GIVEN INFORMATION:
◇ ◇ ◇

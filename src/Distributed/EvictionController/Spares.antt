-- ===== src/Distributed/EvictionController/Spares.antt =====
-- An eviction round leaves the locked objects alone.
use serverless_lmcache.Common.{
  ℕ, zero, suc, ◌≡◌, refl, sym, ap, ◌∙◌, inl, inr, Bool-cases, Option-cases, true, ◌||◌, some, List,
  [], ◌∷◌, arith, count, iterate,
}
use serverless_lmcache.Common.Dict.{get}
use serverless_lmcache.Distributed.TtlLock.{is_locked}
use serverless_lmcache.Distributed.MemoryManager.{Allocator}
use serverless_lmcache.Distributed.L1Manager.{L1ObjectState, L1Manager}
use serverless_lmcache.Distributed.L1Manager.Remove.{delete, get_memory_usage}
use serverless_lmcache.Distributed.L1Manager.Loops.{objects-start}
use serverless_lmcache.Distributed.L1Manager.Object.{delete_act, delete-IsLocal}
use serverless_lmcache.Distributed.L1Manager.Guard.{delete-eq-some}
use serverless_lmcache.Distributed.LruPolicy.{
  EvictionAction, LruEvictionPolicy, Floats, lru_listener,
}
use serverless_lmcache.Distributed.EvictionController.{
  EvictionConfig, execute_eviction_action, execute_all, actions_of, eviction_round,
}

module _ {K : Type 0} (dec : Discrete K) (a : Allocator) (fl : Floats) (now : ℕ) (j : K)
    (e : L1ObjectState a.MemoryObj)
    (locked : (is_locked now e.read_lock || is_locked now e.write_lock) ≡ true) where
  iterate-delete_act : (n : ℕ) → iterate n (delete_act now) (some e) ≡ some e
  iterate-delete_act zero = refl
  iterate-delete_act (suc n) = rw locked (iterate-delete_act n)

  execute_eviction_action-locked :
      (action : EvictionAction K) (m m' : L1Manager K a.MemoryObj a.Heap (LruEvictionPolicy K))
      → get dec j m.objects ≡ some e
      → execute_eviction_action dec a fl now action m ≡ some m'
      → get dec j m'.objects ≡ some e
  unfolding execute_eviction_action
  execute_eviction_action-locked action m m' there ran =
      elim (Option-cases (delete dec a (lru_listener dec) now action.keys m)) [
        | inl raised ↦ absurd (ground (arith, raised, ran))
        | inr ((m1, ret), deleted) ↦
            let same : m1 ≡ m' = ground (arith, deleted, ran) in
            ap (λ m. get dec j m.objects) (sym same)
            ∙ ap (get dec j) (delete-eq-some dec a (lru_listener dec) now action.keys m deleted).0
            ∙ objects-start dec (λ k. k) (delete-IsLocal {M = a.MemoryObj} dec now) j action.keys
                m.objects there
            ∙ iterate-delete_act (count dec j action.keys)
      ]

  execute_all-locked :
      (actions : List (EvictionAction K))
      (m m' : L1Manager K a.MemoryObj a.Heap (LruEvictionPolicy K))
      → get dec j m.objects ≡ some e
      → execute_all dec a fl now actions m ≡ some m'
      → get dec j m'.objects ≡ some e
  unfolding execute_all
  execute_all-locked [] m m' there ran = ground (arith, there, ran)
  execute_all-locked (action ∷ actions) m m' there ran =
      elim (Option-cases (execute_eviction_action dec a fl now action m)) [
        | inl raised ↦ absurd (ground (arith, raised, ran))
        | inr (m1, first) ↦
            execute_all-locked actions m1 m'
              (execute_eviction_action-locked action m m1 there first) (ground (arith, first, ran))
      ]

  -- A round of the eviction controller that returns leaves every object that is locked at its
  -- time, for reading or for writing, in the cache as it is, whatever keys the policy proposes.
  pub eviction_round-locked :
      (config : EvictionConfig fl) (m m' : L1Manager K a.MemoryObj a.Heap (LruEvictionPolicy K))
      → get dec j m.objects ≡ some e
      → eviction_round dec a fl config now m ≡ some m'
      → get dec j m'.objects ≡ some e
  unfolding eviction_round
  eviction_round-locked config m m' there ran =
      let usage = get_memory_usage dec a (lru_listener dec) m in
      elim (Bool-cases (config.is_below_watermark usage.0 usage.1)) [
        | inl below ↦
            let same : m ≡ m' = ground (arith, below, ran) in
            ap (λ m. get dec j m.objects) (sym same) ∙ there
        | inr above ↦
            execute_all-locked (actions_of dec a fl config.eviction_ratio m.registered_listeners) m
              m' there (ground (arith, above, ran))
      ]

◇ ◇ ◇

ASSIGNED TASK:
In the records above, find the line with "unfolding execute_all"; write out exactly that line and each one after it, stopping after the line with "elim (Option-cases (execute_eviction_action".

RESULT:
  unfolding execute_all
  execute_all-locked [] m m' there ran = ground (arith, there, ran)
  execute_all-locked (action ∷ actions) m m' there ran =
      elim (Option-cases (execute_eviction_action dec a fl now action m)) [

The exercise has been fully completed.